Les députés ont adopté en commission le 31 mars 2021, un droit à l’euthanasie pour les personnes en fin de vie souffrant d’une pathologie incurable, au terme d’un débat très clivé sur le sujet, attendu dans l’hémicyle le 8 avril prochain.

Afin de nous éclairer sur ce sujet très sensible, nous vous relayons, en guise d'édito, le POINT DE VUE de Jacques RICOT, (*) paru dans Ouest-France le  2 avril, sous le titre : « Euthanasie : on doit s’interroger sur la nature de la liberté ».

Voici ce qu'il écrit :

" Le pays, dans un choix assumé de remarquable humanité, a donné la priorité absolue à la protection de ses membres les plus vulnérables. Mais alors que tant d’autres questions graves et pressantes liées à la pandémie mobilisent les énergies, certains parlementaires choisissent de procéder à une offensive visant à obtenir la légalisation de l’euthanasie et du suicide assisté.

Ce n’est pas un mince paradoxe. La question n’avait pas fait l’objet d’une promesse de campagne de l’actuel président de la République. Où serait donc l’urgence ? A-t-on bien mesuré l’effet produit par l’ouverture d’un tel débat dans le moment présent sur le moral des personnes que l’âge, la maladie, le handicap ont fragilisées ? N’y a-t-il pas une contradiction, et même une indécence, à leur délivrer un bien étrange message : nous nous battons quoi qu’il en coûte ​pour protéger votre vie, même très avancée, même très diminuée, mais si vous le désirez, nous vous offrons le moyen de choisir de disparaître ?

Personne n’osera dire à voix haute que cette dernière option soulagerait les services de réanimation, engendrerait des économies et donc serait finalement assez altruiste​. C’est pourtant bien là le résultat de l’ouverture de cette alternative, résultat dissimulé derrière le nouvel argument désormais allégué, celui d’un nouveau droit à quitter la vie, droit que devraient honorer, l’État, la société, le corps soignant.
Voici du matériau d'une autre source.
-- ===== src/Collections/Edits.antt =====
-- Changing a collection: its title, its clips, and the path of its video
-- (pipeline/clipgauge_pipeline/collections/service.py).
use clipgauge.Common.{
  String, ◌≡◌, refl, ap, ◌∙◌, subst, Bool, true, false, Option, none, some, List, [], ◌∷◌, ◌=s=◌,
  if◌then◌else◌, if_ind, Result, ok, err, map, All, Holds, Holds-bind,
}
use clipgauge.Text.{squash, strip}
use clipgauge.Collections.{Printing, Refusal, Collection}
use clipgauge.Collections.Service.{
  File, Saved, normalize_title, requested_clips, set_path, is_listed, set_collection_render_path,
  change_row, change_rows, new_title, new_clips, update_collection, cons_ok, asks_nothing,
}
use clipgauge.Collections.Stored.{IsValid, IsStored}
use clipgauge.Collections.Checks.{AreClips, IsTitle, requested_clips-Holds, normalize_title-Holds}
use clipgauge.Collections.Changes.{IsLoaded, save-Holds, load-cases}

abbrev pub title_after : Option String → String → String
title_after none old = old
title_after (some t) old = squash t

abbrev pub clips_after : Option (List String) → List String → List String
clips_after none old = old
clips_after (some ids) old = map strip ids

-- The collection as it was asked to be, and the creator's from now on.
abbrev pub edited : Option String → Option (List String) → Collection → Collection
edited title ids c = record c {
  title = title_after title c.title;
  clip_ids = clips_after ids c.clip_ids;
  source = "manual";
  user_edited = true;
}

abbrev pub edit_row : String → Option String → Option (List String) → Collection → Collection
edit_row id title ids c = if c.id =s= id then edited title ids c else c

module _ (py : Printing) (job : String) (valid : List String) where
  -- A change of one row that is valid.
  abbrev pub IsNow : Collection → Collection → Type 0
  IsNow wanted c = (c ≡ wanted) × IsValid valid c

  new_title-Holds :
      (title : Option String) (c : Collection)
      → IsValid valid c
      → Holds
          (IsNow (record c { title = title_after title c.title }))
          (new_title py job valid title c)
  new_title-Holds none c v = (refl, v)
  new_title-Holds (some t) c v =
      Holds-bind (λ n. (n ≡ squash t) × IsTitle n) (IsNow (record c { title = squash t }))
        (normalize_title t) (λ name. ok (record c { title = name })) (normalize_title-Holds t)
        (λ n k. (
          ap (λ n. record c { title = n }) k.0,
          record {
            named = v.named;
            titled = k.1.0;
            short = k.1.1;
            brief = v.brief;
            unique = v.unique;
            known = v.known;
          },
        ))

  new_clips-Holds :
      (ids : Option (List String)) (c : Collection)
      → IsValid valid c
      → Holds
          (IsNow (record c { clip_ids = clips_after ids c.clip_ids }))
          (new_clips py job valid ids c)
  new_clips-Holds none c v = (refl, v)
  new_clips-Holds (some ids) c v =
      Holds-bind (λ out. (out ≡ map strip ids) × AreClips valid out)
        (IsNow (record c { clip_ids = map strip ids })) (requested_clips valid ids)
        (λ clips. ok (record c { clip_ids = clips })) (requested_clips-Holds valid ids)
        (λ out k. (
          ap (λ out. record c { clip_ids = out }) k.0,
          record {
            named = v.named;
            titled = v.titled;
            short = v.short;
            brief = v.brief;
            unique = k.1.0;
            known = k.1.1;
          },
        ))

  change_row-Holds :
      (title : Option String) (ids : Option (List String)) (c : Collection)
      → IsValid valid c
      → Holds (IsNow (edited title ids c)) (change_row py job valid title ids c)
  change_row-Holds title ids c v =
      Holds-bind (IsNow (record c { title = title_after title c.title }))
        (IsNow (edited title ids c)) (new_title py job valid title c) _ (new_title-Holds title c v)
        (λ titled t.
          Holds-bind (IsNow (record titled { clip_ids = clips_after ids titled.clip_ids }))
            (IsNow (edited title ids c)) (new_clips py job valid ids titled)
            (λ changed. ok (record changed { user_edited = true; source = "manual" }))
            (new_clips-Holds ids titled t.1)
            (λ d k. (
              ap {A = Collection} (λ d. record d { user_edited = true; source = "manual" }) k.0
                  ∙ ap {A = Collection}
                      (λ t. record t {
                        clip_ids = clips_after ids t.clip_ids;
                        user_edited = true;
                        source = "manual";
                      })
                      t.0,
              record {
                named = k.1.named;
                titled = k.1.titled;
                short = k.1.short;
                brief = k.1.brief;
                unique = k.1.unique;
                known = k.1.known;
              },
            )))

  abbrev pub AreNow : List Collection → List Collection → Type 0
  AreNow wanted cs = (cs ≡ wanted) × All (IsValid valid) cs

  cons_ok-AreNow :
      (wanted : Collection) (rest : List Collection) (c : Result Refusal Collection)
      (cs : Result Refusal (List Collection))
      → Holds (IsNow wanted) c
      → Holds (AreNow rest) cs
      → Holds (AreNow (wanted ∷ rest)) (cons_ok c cs)
  cons_ok-AreNow wanted rest (ok c) (ok cs) h k = (rw (h.0, k.0) refl, (h.1, k.1))
  cons_ok-AreNow wanted rest (ok c) (err e) h k = tt
  cons_ok-AreNow wanted rest (err e) cs h k = tt

  pub change_rows-Holds :
      (id : String) (title : Option String) (ids : Option (List String)) (rows : List Collection)
      → All (IsValid valid) rows
      → Holds
          (AreNow (map (edit_row id title ids) rows))
          (change_rows py job valid id title ids rows)
  change_rows-Holds id title ids [] v = (refl, tt)
  change_rows-Holds id title ids (c ∷ cs) v =
      cons_ok-AreNow (edit_row id title ids c) (map (edit_row id title ids) cs)
        (if c.id =s= id then change_row py job valid title ids c else ok c)
        (change_rows py job valid id title ids cs)
        (if_cases (c.id =s= id) (change_row-Holds title ids c v.0) (refl, v.0))
        (change_rows-Holds id title ids cs v.1)
    where
      if_cases :
          (b : Bool)
          → Holds (IsNow (edited title ids c)) (change_row py job valid title ids c)
          → IsNow c c
          → Holds
              (IsNow (if b then edited title ids c else c))
              (if b then change_row py job valid title ids c else ok c)
      if_cases true h k = h
      if_cases false h k = k

  -- The file holds the collections that were there, changed where the identifier is the given one.
  abbrev pub IsChanged : (Collection → Collection) → File → String → Saved → Type 0
  IsChanged f file id saved =
      (rows : List Collection) × IsLoaded py job valid file rows
      × (is_listed id rows ≡ true)
      × IsStored py job valid saved (map f rows)

  -- If an update is stored, the collection was there, it has the squashed title and the stripped
  -- clips that were given and is marked as edited by hand, and all others are kept; all are tidied.
  pub update_collection-IsChanged :
      (file : File) (id : String) (title : Option String) (ids : Option (List String))
      → Holds
          (IsChanged (edit_row id title ids) file id)
          (update_collection py job valid file id title ids)
  unfolding update_collection
  update_collection-IsChanged file id title ids =
      load-cases py job valid file (IsChanged (edit_row id title ids) file id) _ (λ rows e v.
        if_ind (Holds (IsChanged (edit_row id title ids) file id)) (asks_nothing title ids)
          (λ _. tt)
          (λ _.
            Holds-bind (AreNow (map (edit_row id title ids) rows))
              (IsChanged (edit_row id title ids) file id)
              (change_rows py job valid id title ids rows) _ (change_rows-Holds id title ids rows v)
              (λ changed k.
                if_ind (Holds (IsChanged (edit_row id title ids) file id)) (is_listed id rows)
                  (λ there.
                    save-Holds py job valid (IsChanged (edit_row id title ids) file id) changed k.1
                      (λ saved s. (rows, e, there, subst (IsStored py job valid saved) k.0 s)))
                  (λ _. tt))))

  pub set_path-All :
      (id path : String) (rows : List Collection)
      → All (IsValid valid) rows
      → All (IsValid valid) (map (set_path id path) rows)
  set_path-All id path [] v = tt
  set_path-All id path (c ∷ cs) v = (
    if_ind (IsValid valid) (c.id =s= id)
        (λ _. record {
          named = v.0.named;
          titled = v.0.titled;
          short = v.0.short;
          brief = v.0.brief;
          unique = v.0.unique;
          known = v.0.known;
        })
        (λ _. v.0),
    set_path-All id path cs v.1,
  )

  -- If a path is stored, the collection was there and has it, and all others are kept.
  pub set_collection_render_path-IsChanged :
      (file : File) (id path : String)
      → Holds
          (IsChanged (set_path id path) file id)
          (set_collection_render_path py job valid file id path)
  unfolding set_collection_render_path
  set_collection_render_path-IsChanged file id path =
      load-cases py job valid file (IsChanged (set_path id path) file id) _ (λ rows e v.
        if_ind (Holds (IsChanged (set_path id path) file id)) (is_listed id rows)
          (λ there.
            save-Holds py job valid (IsChanged (set_path id path) file id)
              (map (set_path id path) rows) (set_path-All id path rows v)
              (λ saved s. (rows, e, there, s)))
          (λ _. tt))
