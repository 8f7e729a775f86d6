-- ===== src/Collections/Accepted.antt =====
-- The edits of collections that are accepted (pipeline/clipgauge_pipeline/collections/service.py).
use clipgauge.Common.{
  String, ◌≡◌, refl, subst, Bool, true, false, Option, none, some, List, [], ◌∷◌, ◌=s=◌,
  if◌then◌else◌, ok, map, Holds,
}
use clipgauge.Collections.{Printing, Collection}
use clipgauge.Collections.Service.{
  File, Saved, normalize_title, requested_clips, set_path, is_listed, set_collection_render_path,
  change_row, change_rows, new_title, new_clips, update_collection, asks_nothing,
}
use clipgauge.Collections.Stored.{IsStored, save-IsStored}
use clipgauge.Collections.Changes.{IsLoaded, loaded-IsValid}
use clipgauge.Collections.Edits.{edit_row, AreNow, change_rows-Holds, set_path-All}

-- No title is given, or one that is not blank and not too long.
abbrev pub CanTitle : Option String → Type 0
CanTitle none = Unit
CanTitle (some t) = (name : String) × (normalize_title t ≡ ok name)

-- No clips are given, or at least two different ones of the job.
abbrev pub CanClip : List String → Option (List String) → Type 0
CanClip valid none = Unit
CanClip valid (some ids) = (clips : List String) × (requested_clips valid ids ≡ ok clips)

module _ (py : Printing) (job : String) (valid : List String) where
  new_title-ok :
      (title : Option String) (c : Collection)
      → CanTitle title
      → (d : Collection) × (new_title py job valid title c ≡ ok d)
  new_title-ok none c h = (c, refl)
  new_title-ok (some t) c h = (record c { title = h.0 }, rw h.1 refl)

  new_clips-ok :
      (ids : Option (List String)) (c : Collection)
      → CanClip valid ids
      → (d : Collection) × (new_clips py job valid ids c ≡ ok d)
  new_clips-ok none c h = (c, refl)
  new_clips-ok (some ids) c h = (record c { clip_ids = h.0 }, rw h.1 refl)

  change_row-ok :
      (title : Option String) (ids : Option (List String)) (c : Collection)
      → CanTitle title
      → CanClip valid ids
      → (d : Collection) × (change_row py job valid title ids c ≡ ok d)
  change_row-ok title ids c t k =
      let a = new_title-ok title c t in
      let b = new_clips-ok ids a.0 k in
      (record b.0 { user_edited = true; source = "manual" }, rw (a.1, b.1) refl)

  change_rows-ok :
      (id : String) (title : Option String) (ids : Option (List String)) (rows : List Collection)
      → CanTitle title
      → CanClip valid ids
      → (changed : List Collection) × (change_rows py job valid id title ids rows ≡ ok changed)
  change_rows-ok id title ids [] t k = ([], refl)
  change_rows-ok id title ids (c ∷ cs) t k =
      let d = one (c.id =s= id) (change_row-ok title ids c t k) in
      let ds = change_rows-ok id title ids cs t k in (d.0 ∷ ds.0, rw (d.1, ds.1) refl)
    where
      one :
          (b : Bool)
          → ((d : Collection) × (change_row py job valid title ids c ≡ ok d))
          → (d : Collection) × ((if b then change_row py job valid title ids c else ok c) ≡ ok d)
      one true h = h
      one false h = (c, refl)

  -- An edit of a collection that is there, with a title and clips that can be taken, is stored,
  -- beside all other collections, tidied.
  pub update_collection-ok :
      (file : File) (id : String) (title : Option String) (ids : Option (List String))
      (rows : List Collection)
      → IsLoaded py job valid file rows
      → is_listed id rows ≡ true
      → asks_nothing title ids ≡ false
      → CanTitle title
      → CanClip valid ids
      → (saved : Saved) × (update_collection py job valid file id title ids ≡ ok saved)
        × IsStored py job valid saved (map (edit_row id title ids) rows)
  unfolding update_collection
  update_collection-ok file id title ids rows e there asks t k =
      let v = loaded-IsValid py job valid file rows e in
      let c = change_rows-ok id title ids rows t k in
      let now =
        subst (Holds (AreNow py job valid (map (edit_row id title ids) rows))) c.1
          (change_rows-Holds py job valid id title ids rows v) in
      let s = save-IsStored py job valid c.0 now.1 in
      (s.0, rw (e, asks, c.1, there) s.1, subst (IsStored py job valid s.0) now.0 s.2)

  -- A path is stored for a collection that is there, beside all other collections, tidied.
  pub set_collection_render_path-ok :
      (file : File) (id path : String) (rows : List Collection)
      → IsLoaded py job valid file rows
      → is_listed id rows ≡ true
      → (saved : Saved) × (set_collection_render_path py job valid file id path ≡ ok saved)
        × IsStored py job valid saved (map (set_path id path) rows)
  unfolding set_collection_render_path
  set_collection_render_path-ok file id path rows e there =
      let v = loaded-IsValid py job valid file rows e in
      let s =
        save-IsStored py job valid (map (set_path id path) rows)
          (set_path-All py job valid id path rows v) in
      (s.0, rw (e, there) s.1, s.2)
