-- ===== src/Processing/Commits.antt =====
-- The counters, the position and the committed position of the consumer loop.
use event_driven_data_platfo.Base.{
  ℕ, ◌+◌, ◌<◌, ◌≡◌, Bool, true, false, none, some, List, [], ◌∷◌, arith, ltb, Bool-cases, inl, inr,
  refl, length, String,
}
use event_driven_data_platfo.Events.Values.{Json, Floats}
use event_driven_data_platfo.Processing.Tables.{Numeric}
use event_driven_data_platfo.Processing.Actions.{Result, World}
use event_driven_data_platfo.Processing.Conservation.{failures}
use event_driven_data_platfo.Processing.Worker.{
  ConsumerRecord, Poll, WorkerState, process_record, count_record, consume_record, consume_records,
  consume_batches, count_batches, commit_if_needed, poll_once,
}

-- From `before` to `after`, `n` records were counted, as processed or as failed.
pub record Counts {F N : Type 0} (n : ℕ) (before after : WorkerState F N) : Type 0 where
  pub counted :
      after.records_processed + failures after.samples
      ≡ before.records_processed + failures before.samples + n
  pub in_step :
      after.processed_since_commit + before.records_processed
      ≡ before.processed_since_commit + after.records_processed
  pub same_position : after.position ≡ before.position
  pub same_committed : after.committed ≡ before.committed

module _ (F N : Type 0) (fl : Floats F) (sql : Numeric F N) (str : Json F → String) where
  count_record-Counts :
      (r : ConsumerRecord F) (s : WorkerState F N) (p : Result Unit × World F N)
      → Counts 1 s (count_record fl sql str r s p)
  unfolding count_record failures
  count_record-Counts r s (none, w) = record {
    counted = omega arith;
    in_step = omega arith;
    same_position = refl;
    same_committed = refl;
  }
  count_record-Counts r s (some _, w) = record {
    counted = omega arith;
    in_step = omega arith;
    same_position = refl;
    same_committed = refl;
  }

  Counts-trans :
      (a b c : WorkerState F N) (m n k : ℕ) → Counts m a b → Counts n b c → k ≡ m + n → Counts k a c
  Counts-trans a b c m n k p q e = record {
    counted = omega (arith, p.counted, q.counted, e);
    in_step = omega (arith, p.in_step, q.in_step);
    same_position = omega (arith, p.same_position, q.same_position);
    same_committed = omega (arith, p.same_committed, q.same_committed);
  }

  Counts-refl : (s : WorkerState F N) → Counts 0 s s
  Counts-refl s = record {
    counted = omega arith;
    in_step = omega arith;
    same_position = refl;
    same_committed = refl;
  }

  consume_records-Counts :
      (rs : List (ConsumerRecord F)) (s : WorkerState F N)
      → Counts (length rs) s (consume_records fl sql str rs s)
  unfolding consume_records consume_record
  consume_records-Counts [] s = Counts-refl s
  consume_records-Counts (r ∷ rs) s =
      Counts-trans s _ _ 1 (length rs) _
        (count_record-Counts r s (process_record fl sql str r s.world))
        (consume_records-Counts rs _) (omega arith)

  consume_batches-Counts :
      (batches : List (List (ConsumerRecord F))) (s : WorkerState F N)
      → Counts (count_batches batches) s (consume_batches fl sql str batches s)
  unfolding consume_batches count_batches
  consume_batches-Counts [] s = Counts-refl s
  consume_batches-Counts (rs ∷ rest) s =
      Counts-trans s _ _ (length rs) (count_batches rest) _ (consume_records-Counts rs s)
        (consume_batches-Counts rest _) refl

  commit_if_needed-records :
      (answered : Bool) (s : WorkerState F N)
      → (commit_if_needed fl sql str answered s).records_processed ≡ s.records_processed
  unfolding commit_if_needed
  commit_if_needed-records true s = ground arith
  commit_if_needed-records false s = ground arith

  -- A poll of which at least one record was processed commits the position behind all its records
  -- when the commit is answered, and each of these records was counted as processed or as failed:
  -- the failed ones are committed with the others.
  pub poll_once-commits :
      (p : Poll F) (s : WorkerState F N)
      → p.commit_answered ≡ true
      → s.records_processed < (poll_once fl sql str p s).records_processed
      → ((poll_once fl sql str p s).committed ≡ s.position + count_batches p.batches)
        × ((poll_once fl sql str p s).records_processed
              + failures (poll_once fl sql str p s).samples
            ≡ s.records_processed + failures s.samples + count_batches p.batches)
  unfolding poll_once
  poll_once-commits p s answered more =
      let start = record s {
        processed_since_commit = 0;
        position = s.position + count_batches p.batches;
      } in
      let c = consume_batches-Counts p.batches start in
      let same =
        commit_if_needed-records p.commit_answered (consume_batches fl sql str p.batches start) in
      elim (Bool-cases
        (ltb 0 (consume_batches fl sql str p.batches start).processed_since_commit)) [
          | inr no_success ↦ ground (arith, no_success, same, c.in_step, more)
          | inl some_success ↦ rw (some_success, answered) (c.same_position, c.counted)
        ]

  -- A poll of which no record was processed leaves the committed position where it was.
  pub poll_once-keeps_committed :
      (p : Poll F) (s : WorkerState F N)
      → (poll_once fl sql str p s).records_processed ≡ s.records_processed
      → (poll_once fl sql str p s).committed ≡ s.committed
  unfolding poll_once commit_if_needed
  poll_once-keeps_committed p s none_more =
      let start = record s {
        processed_since_commit = 0;
        position = s.position + count_batches p.batches;
      } in
      let c = consume_batches-Counts p.batches start in
      let same =
        commit_if_needed-records p.commit_answered (consume_batches fl sql str p.batches start) in
      elim (Bool-cases
        (ltb 0 (consume_batches fl sql str p.batches start).processed_since_commit)) [
          | inr no_success ↦ rw no_success c.same_committed
          | inl some_success ↦ ground (arith, some_success, same, c.in_step, none_more)
        ]
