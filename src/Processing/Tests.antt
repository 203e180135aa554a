-- ===== src/Processing/Tests.antt =====
-- An order, an instance of the parameters, and the theorems at work on them.
use event_driven_data_platfo.Base.{
  ℕ, ◌+◌, ◌*◌, ◌≡◌, refl, true, String, none, some, List, [], ◌∷◌, ◌<◌, arith, lookup,
}
use event_driven_data_platfo.Base.Int.{pos}
use event_driven_data_platfo.Events.Types.{order_created}
use event_driven_data_platfo.Events.Values.{Json, integer, text}
use event_driven_data_platfo.Events.Samples.{floats}
use event_driven_data_platfo.Events.Envelopes.{EventEnvelope}
use event_driven_data_platfo.Processing.Rows.{hour, processed_order_row, metric_delta_for_event}
use event_driven_data_platfo.Processing.Tables.{Numeric, Db, empty_db, insert_new}
use event_driven_data_platfo.Processing.Actions.{Fate, answered, refused, unanswered, World}
use event_driven_data_platfo.Processing.Handler.{
  handle, handle_if, handle_new, write_state, handle_order,
}
use event_driven_data_platfo.Processing.Repository.{
  write_raw_event, insert_inbox, insert_raw_event, write_processed_order, write_metric_delta,
  mark_event_processed, update_watermark, raw_event_written, inbox_written,
}
use event_driven_data_platfo.Processing.Totals.{count_raw, events_total}
use event_driven_data_platfo.Processing.Accounting.{Accounts, handle-Accounts}
use event_driven_data_platfo.Processing.Conservation.{IsReconciled, failures, run-IsReconciled}
use event_driven_data_platfo.Processing.Delivery.{handle_again}
use event_driven_data_platfo.Processing.Commits.{poll_once-commits}
use event_driven_data_platfo.Processing.Worker.{
  ConsumerRecord, Poll, WorkerState, poll_once, count_batches, run, consume_records, consume_record,
  process_record,
}

abbrev numeric : Numeric ℕ ℕ
numeric = record { of_float = λ n. n; plus = ◌+◌ }

abbrev python_str : Json ℕ → String
python_str _ = "?"

abbrev order : EventEnvelope ℕ
order = record {
  event_id = "e-1";
  tenant_id = "acme";
  kind = order_created;
  event_timestamp = record { wall = 25 * hour + 7; offset = some (pos 0) };
  source_service = "shop";
  payload_version = pos 1;
  payload =
      ("order_id", text "o-1")
      ∷ ("customer_id", text "c-1")
      ∷ ("product_id", text "p-1")
      ∷ ("quantity", integer (pos 2))
      ∷ ("unit_price", integer (pos 10))
      ∷ [];
  trace_id = "t-1";
  correlation_id = some "t-1";
  causation_id = none;
  idempotency_key = some "e-1";
  schema_ref = none;
}

abbrev world_with : List Fate → World ℕ ℕ
world_with fates = record { db = empty_db; fates = fates }

-- The insert into the hourly metrics is refused: the raw event is there and the metrics are not.
half_done : Db ℕ ℕ
half_done =
    (handle floats numeric python_str order
      (world_with (answered ∷ answered ∷ answered ∷ refused ∷ []))).1.db

half_done_counts :
    (count_raw "acme" half_done.raw_events ≡ 1) × (events_total "acme" half_done.hourly ≡ 0)
unfolding half_done handle count_raw events_total write_raw_event insert_inbox insert_new
    insert_raw_event handle_if handle_new write_state handle_order processed_order_row lookup
    write_processed_order metric_delta_for_event write_metric_delta
half_done_counts = (refl, refl)

handle-Accounts_example :
    Accounts "acme" order empty_db
      (handle floats numeric python_str order
        (world_with (answered ∷ answered ∷ unanswered ∷ []))).0
      (handle floats numeric python_str order
        (world_with (answered ∷ answered ∷ unanswered ∷ []))).1.db
handle-Accounts_example =
    handle-Accounts ℕ ℕ "acme" floats numeric python_str order
      (world_with (answered ∷ answered ∷ unanswered ∷ []))

abbrev order_record : ConsumerRecord ℕ
order_record = record { topic = "order-events"; offset = pos 4; value = some order }

abbrev unreadable : ConsumerRecord ℕ
unreadable = record { topic = "order-events"; offset = pos 5; value = none }

abbrev poll : Poll ℕ
poll = record { batches = (order_record ∷ unreadable ∷ []) ∷ []; commit_answered = true }

abbrev unreadable_poll : Poll ℕ
unreadable_poll = record { batches = (unreadable ∷ []) ∷ []; commit_answered = true }

abbrev start : WorkerState ℕ ℕ
start = record {
  world = world_with [];
  records_processed = 0;
  processed_since_commit = 0;
  samples = [];
  position = 4;
  committed = 4;
}

empty-IsReconciled : IsReconciled "acme" (failures start.samples) start.world.db
unfolding count_raw events_total failures
empty-IsReconciled = record {
  daily_le = omega arith;
  hourly_le = omega arith;
  raw_le = omega arith;
}

run-IsReconciled_example :
    IsReconciled "acme"
      (failures (run floats numeric python_str (poll ∷ poll ∷ []) start).samples)
      (run floats numeric python_str (poll ∷ poll ∷ []) start).world.db
run-IsReconciled_example =
    run-IsReconciled ℕ ℕ "acme" floats numeric python_str (poll ∷ poll ∷ []) start
      empty-IsReconciled

handle_again_example :
    handle floats numeric python_str order (record { db = half_done; fates = [] })
    ≡ (some tt, record { db = half_done; fates = [] })
unfolding half_done
handle_again_example =
    handle_again ℕ ℕ floats numeric python_str order
      (world_with (answered ∷ answered ∷ answered ∷ refused ∷ [])) refl

poll_processed : (poll_once floats numeric python_str poll start).records_processed ≡ 1
unfolding poll_once consume_records consume_record process_record handle write_raw_event
    insert_inbox insert_new insert_raw_event handle_if handle_new write_state handle_order
    processed_order_row lookup write_processed_order metric_delta_for_event write_metric_delta
    mark_event_processed update_watermark raw_event_written inbox_written
poll_processed = refl

poll_processes : 0 < (poll_once floats numeric python_str poll start).records_processed
poll_processes = omega (arith, poll_processed)

poll_once-commits_example :
    ((poll_once floats numeric python_str poll start).committed ≡ 4 + count_batches poll.batches)
    × ((poll_once floats numeric python_str poll start).records_processed
          + failures (poll_once floats numeric python_str poll start).samples
        ≡ 0 + failures start.samples + count_batches poll.batches)
poll_once-commits_example =
    poll_once-commits ℕ ℕ floats numeric python_str poll start refl poll_processes

unreadable_not_processed :
    (poll_once floats numeric python_str unreadable_poll start).records_processed ≡ 0
unfolding poll_once consume_records consume_record process_record
unreadable_not_processed = refl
Développer une culture palliative

Mais on doit s’interroger sur la nature de la liberté de la personne qui n’aperçoit pas d’autre choix possible que celui de se supprimer ou d’être supprimée. On est aussi en droit de se demander si le concours du corps social à l’exercice de ce qui se présente comme une liberté ne conduit pas, en réalité, à proposer une offre ​singulière et mortifère aux personnes en détresse. Ce droit de quitter la vie serait bien sûr encadré dans une première étape, mais nul ne peut douter que sa dynamique conduirait à demander constamment l’extension de ses indications. Nous devrions être alertés par les témoignages de soignants belges accablés par les dérives de leur législation (1).

On ne sait pas assez que l’interdiction par la loi de l’obstination déraisonnable permet de laisser la mort survenir sans intervention maltraitante sous le fallacieux prétexte de prolonger une vie qui ne demande qu’à s’éteindre. On ignore trop souvent que les traitements destinés au soulagement de la douleur sont un devoir du médecin même s’ils peuvent avoir comme effet d’abréger la vie​, selon les termes gravés dans le marbre de la loi. Il y a tant à faire pour développer une culture palliative dans la totalité de l’exercice médical et d’appliquer enfin ce que le législateur a exigé depuis si longtemps : l’accès aux soins palliatifs.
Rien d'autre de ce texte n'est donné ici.